What you will do —
From the entries below, output the line with "serve_command-ArrivesIn s id (Command.take_snapshot" and each following line up to and including the line with "serve_all-ArrivesIn s id (item", exactly as written.

** Opening Exercise materials block **

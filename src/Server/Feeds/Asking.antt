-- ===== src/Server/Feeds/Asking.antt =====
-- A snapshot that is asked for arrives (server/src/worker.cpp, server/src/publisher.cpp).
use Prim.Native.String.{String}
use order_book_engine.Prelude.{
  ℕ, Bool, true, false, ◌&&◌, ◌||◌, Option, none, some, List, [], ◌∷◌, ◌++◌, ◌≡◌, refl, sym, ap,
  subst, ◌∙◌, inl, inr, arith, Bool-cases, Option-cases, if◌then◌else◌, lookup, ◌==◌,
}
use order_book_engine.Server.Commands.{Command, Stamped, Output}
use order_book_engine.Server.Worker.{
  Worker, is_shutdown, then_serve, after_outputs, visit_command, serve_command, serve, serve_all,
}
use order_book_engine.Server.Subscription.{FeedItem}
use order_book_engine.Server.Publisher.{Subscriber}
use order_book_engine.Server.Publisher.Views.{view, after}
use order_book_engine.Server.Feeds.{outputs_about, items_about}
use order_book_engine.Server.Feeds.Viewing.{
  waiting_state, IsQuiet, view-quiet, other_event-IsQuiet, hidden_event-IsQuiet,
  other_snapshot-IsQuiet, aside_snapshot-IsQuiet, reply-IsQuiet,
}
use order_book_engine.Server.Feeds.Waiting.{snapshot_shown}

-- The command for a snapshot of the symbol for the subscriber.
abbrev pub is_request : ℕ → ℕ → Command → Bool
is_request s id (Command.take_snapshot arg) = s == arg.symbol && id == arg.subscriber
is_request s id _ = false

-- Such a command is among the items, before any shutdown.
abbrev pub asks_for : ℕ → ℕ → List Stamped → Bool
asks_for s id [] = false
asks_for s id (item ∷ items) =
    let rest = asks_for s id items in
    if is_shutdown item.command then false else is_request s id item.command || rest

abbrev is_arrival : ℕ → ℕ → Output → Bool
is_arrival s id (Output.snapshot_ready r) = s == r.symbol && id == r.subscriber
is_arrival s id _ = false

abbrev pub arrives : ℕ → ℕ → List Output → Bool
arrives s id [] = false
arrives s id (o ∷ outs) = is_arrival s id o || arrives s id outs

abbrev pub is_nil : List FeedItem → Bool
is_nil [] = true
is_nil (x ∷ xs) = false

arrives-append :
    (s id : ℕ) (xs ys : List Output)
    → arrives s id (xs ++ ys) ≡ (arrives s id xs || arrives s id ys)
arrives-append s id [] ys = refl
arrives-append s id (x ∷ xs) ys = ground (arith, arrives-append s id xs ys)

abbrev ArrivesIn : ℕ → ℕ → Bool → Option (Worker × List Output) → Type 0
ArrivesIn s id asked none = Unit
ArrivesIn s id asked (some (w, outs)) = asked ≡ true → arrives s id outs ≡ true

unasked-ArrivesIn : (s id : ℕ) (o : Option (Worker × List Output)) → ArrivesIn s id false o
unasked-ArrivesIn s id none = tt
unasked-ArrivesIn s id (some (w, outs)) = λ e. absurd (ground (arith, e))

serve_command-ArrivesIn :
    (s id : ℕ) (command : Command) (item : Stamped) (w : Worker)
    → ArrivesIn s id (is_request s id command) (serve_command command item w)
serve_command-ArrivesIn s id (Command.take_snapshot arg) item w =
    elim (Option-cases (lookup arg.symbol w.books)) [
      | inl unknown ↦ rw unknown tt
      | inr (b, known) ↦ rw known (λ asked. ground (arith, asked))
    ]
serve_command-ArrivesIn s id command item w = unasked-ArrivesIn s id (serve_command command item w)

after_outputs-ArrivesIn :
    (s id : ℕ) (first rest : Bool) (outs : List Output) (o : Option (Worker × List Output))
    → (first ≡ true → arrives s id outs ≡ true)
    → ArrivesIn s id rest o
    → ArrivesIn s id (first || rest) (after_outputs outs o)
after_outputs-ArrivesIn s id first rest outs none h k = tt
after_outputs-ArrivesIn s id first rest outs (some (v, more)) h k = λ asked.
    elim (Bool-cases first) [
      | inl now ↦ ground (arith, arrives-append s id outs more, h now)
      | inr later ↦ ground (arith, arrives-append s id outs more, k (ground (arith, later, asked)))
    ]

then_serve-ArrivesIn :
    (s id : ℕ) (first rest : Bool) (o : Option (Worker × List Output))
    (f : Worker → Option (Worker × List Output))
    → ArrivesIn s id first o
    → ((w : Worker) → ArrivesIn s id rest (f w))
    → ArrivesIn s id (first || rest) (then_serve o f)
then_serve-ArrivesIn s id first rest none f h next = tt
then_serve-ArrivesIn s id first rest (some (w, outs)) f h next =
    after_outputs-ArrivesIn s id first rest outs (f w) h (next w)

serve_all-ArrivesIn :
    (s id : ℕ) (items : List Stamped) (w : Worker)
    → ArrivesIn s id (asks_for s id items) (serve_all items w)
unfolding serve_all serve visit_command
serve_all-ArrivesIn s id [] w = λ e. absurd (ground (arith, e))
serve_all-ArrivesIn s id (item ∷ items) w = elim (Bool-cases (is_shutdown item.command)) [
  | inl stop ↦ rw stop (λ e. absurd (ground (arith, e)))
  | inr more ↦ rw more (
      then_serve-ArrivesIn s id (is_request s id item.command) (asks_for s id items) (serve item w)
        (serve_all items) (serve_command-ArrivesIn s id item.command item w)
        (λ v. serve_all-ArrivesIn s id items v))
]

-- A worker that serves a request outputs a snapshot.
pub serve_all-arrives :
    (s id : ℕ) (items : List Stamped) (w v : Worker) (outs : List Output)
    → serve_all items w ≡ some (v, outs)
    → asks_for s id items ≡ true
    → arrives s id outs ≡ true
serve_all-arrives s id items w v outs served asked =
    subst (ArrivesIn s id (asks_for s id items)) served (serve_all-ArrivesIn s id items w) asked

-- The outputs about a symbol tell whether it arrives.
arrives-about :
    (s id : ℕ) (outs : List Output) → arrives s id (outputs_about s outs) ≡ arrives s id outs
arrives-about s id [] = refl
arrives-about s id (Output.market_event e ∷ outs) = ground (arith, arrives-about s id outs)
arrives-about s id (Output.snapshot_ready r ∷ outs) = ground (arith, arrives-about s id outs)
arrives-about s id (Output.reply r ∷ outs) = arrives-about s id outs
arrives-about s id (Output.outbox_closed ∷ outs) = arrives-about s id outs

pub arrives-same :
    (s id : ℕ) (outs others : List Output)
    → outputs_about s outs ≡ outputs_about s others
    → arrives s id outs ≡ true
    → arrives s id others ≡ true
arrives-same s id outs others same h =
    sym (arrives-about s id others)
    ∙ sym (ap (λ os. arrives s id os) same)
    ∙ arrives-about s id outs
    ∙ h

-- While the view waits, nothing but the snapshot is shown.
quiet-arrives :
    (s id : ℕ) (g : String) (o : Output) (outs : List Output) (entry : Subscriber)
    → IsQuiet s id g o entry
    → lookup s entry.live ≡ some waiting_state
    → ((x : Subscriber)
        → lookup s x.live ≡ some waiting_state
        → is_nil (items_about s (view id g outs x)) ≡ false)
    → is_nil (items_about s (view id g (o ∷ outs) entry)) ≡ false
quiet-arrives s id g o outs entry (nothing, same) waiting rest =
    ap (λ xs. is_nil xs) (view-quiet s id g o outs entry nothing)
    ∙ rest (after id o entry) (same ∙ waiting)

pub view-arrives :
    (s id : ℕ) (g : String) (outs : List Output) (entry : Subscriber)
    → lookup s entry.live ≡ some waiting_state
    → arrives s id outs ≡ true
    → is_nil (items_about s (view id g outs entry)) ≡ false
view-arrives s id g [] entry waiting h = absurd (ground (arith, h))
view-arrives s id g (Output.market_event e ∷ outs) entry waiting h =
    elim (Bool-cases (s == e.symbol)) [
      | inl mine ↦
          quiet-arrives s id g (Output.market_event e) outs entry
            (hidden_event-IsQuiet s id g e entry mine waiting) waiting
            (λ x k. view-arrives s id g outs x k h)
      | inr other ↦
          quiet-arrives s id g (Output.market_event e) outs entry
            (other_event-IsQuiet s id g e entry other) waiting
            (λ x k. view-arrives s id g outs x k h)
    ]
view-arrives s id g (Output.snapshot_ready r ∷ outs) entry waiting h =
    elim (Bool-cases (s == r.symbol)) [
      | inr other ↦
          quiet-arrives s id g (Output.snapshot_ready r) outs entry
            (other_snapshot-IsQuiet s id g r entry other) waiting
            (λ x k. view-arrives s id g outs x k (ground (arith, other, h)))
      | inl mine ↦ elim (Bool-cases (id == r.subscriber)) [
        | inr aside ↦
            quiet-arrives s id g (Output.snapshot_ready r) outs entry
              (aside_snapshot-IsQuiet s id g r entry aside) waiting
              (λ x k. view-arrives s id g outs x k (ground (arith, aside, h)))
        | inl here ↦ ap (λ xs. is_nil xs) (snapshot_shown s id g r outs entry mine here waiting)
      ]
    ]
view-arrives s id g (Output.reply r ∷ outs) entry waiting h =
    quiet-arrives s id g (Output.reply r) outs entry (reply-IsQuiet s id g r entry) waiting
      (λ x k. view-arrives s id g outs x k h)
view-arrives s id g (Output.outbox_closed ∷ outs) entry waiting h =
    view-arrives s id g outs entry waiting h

** Closing Exercise materials block **

Answer space —
serve_command-ArrivesIn s id (Command.take_snapshot arg) item w =
    elim (Option-cases (lookup arg.symbol w.books)) [
      | inl unknown ↦ rw unknown tt
      | inr (b, known) ↦ rw known (λ asked. ground (arith, asked))
    ]
serve_command-ArrivesIn s id command item w = unasked-ArrivesIn s id (serve_command command item w)

after_outputs-ArrivesIn :
    (s id : ℕ) (first rest : Bool) (outs : List Output) (o : Option (Worker × List Output))
    → (first ≡ true → arrives s id outs ≡ true)
    → ArrivesIn s id rest o
    → ArrivesIn s id (first || rest) (after_outputs outs o)
after_outputs-ArrivesIn s id first rest outs none h k = tt
after_outputs-ArrivesIn s id first rest outs (some (v, more)) h k = λ asked.
    elim (Bool-cases first) [
      | inl now ↦ ground (arith, arrives-append s id outs more, h now)
      | inr later ↦ ground (arith, arrives-append s id outs more, k (ground (arith, later, asked)))
    ]

then_serve-ArrivesIn :
    (s id : ℕ) (first rest : Bool) (o : Option (Worker × List Output))
    (f : Worker → Option (Worker × List Output))
    → ArrivesIn s id first o
    → ((w : Worker) → ArrivesIn s id rest (f w))
    → ArrivesIn s id (first || rest) (then_serve o f)
then_serve-ArrivesIn s id first rest none f h next = tt
then_serve-ArrivesIn s id first rest (some (w, outs)) f h next =
    after_outputs-ArrivesIn s id first rest outs (f w) h (next w)

serve_all-ArrivesIn :
    (s id : ℕ) (items : List Stamped) (w : Worker)
    → ArrivesIn s id (asks_for s id items) (serve_all items w)
unfolding serve_all serve visit_command
serve_all-ArrivesIn s id [] w = λ e. absurd (ground (arith, e))
serve_all-ArrivesIn s id (item ∷ items) w = elim (Bool-cases (is_shutdown item.command)) [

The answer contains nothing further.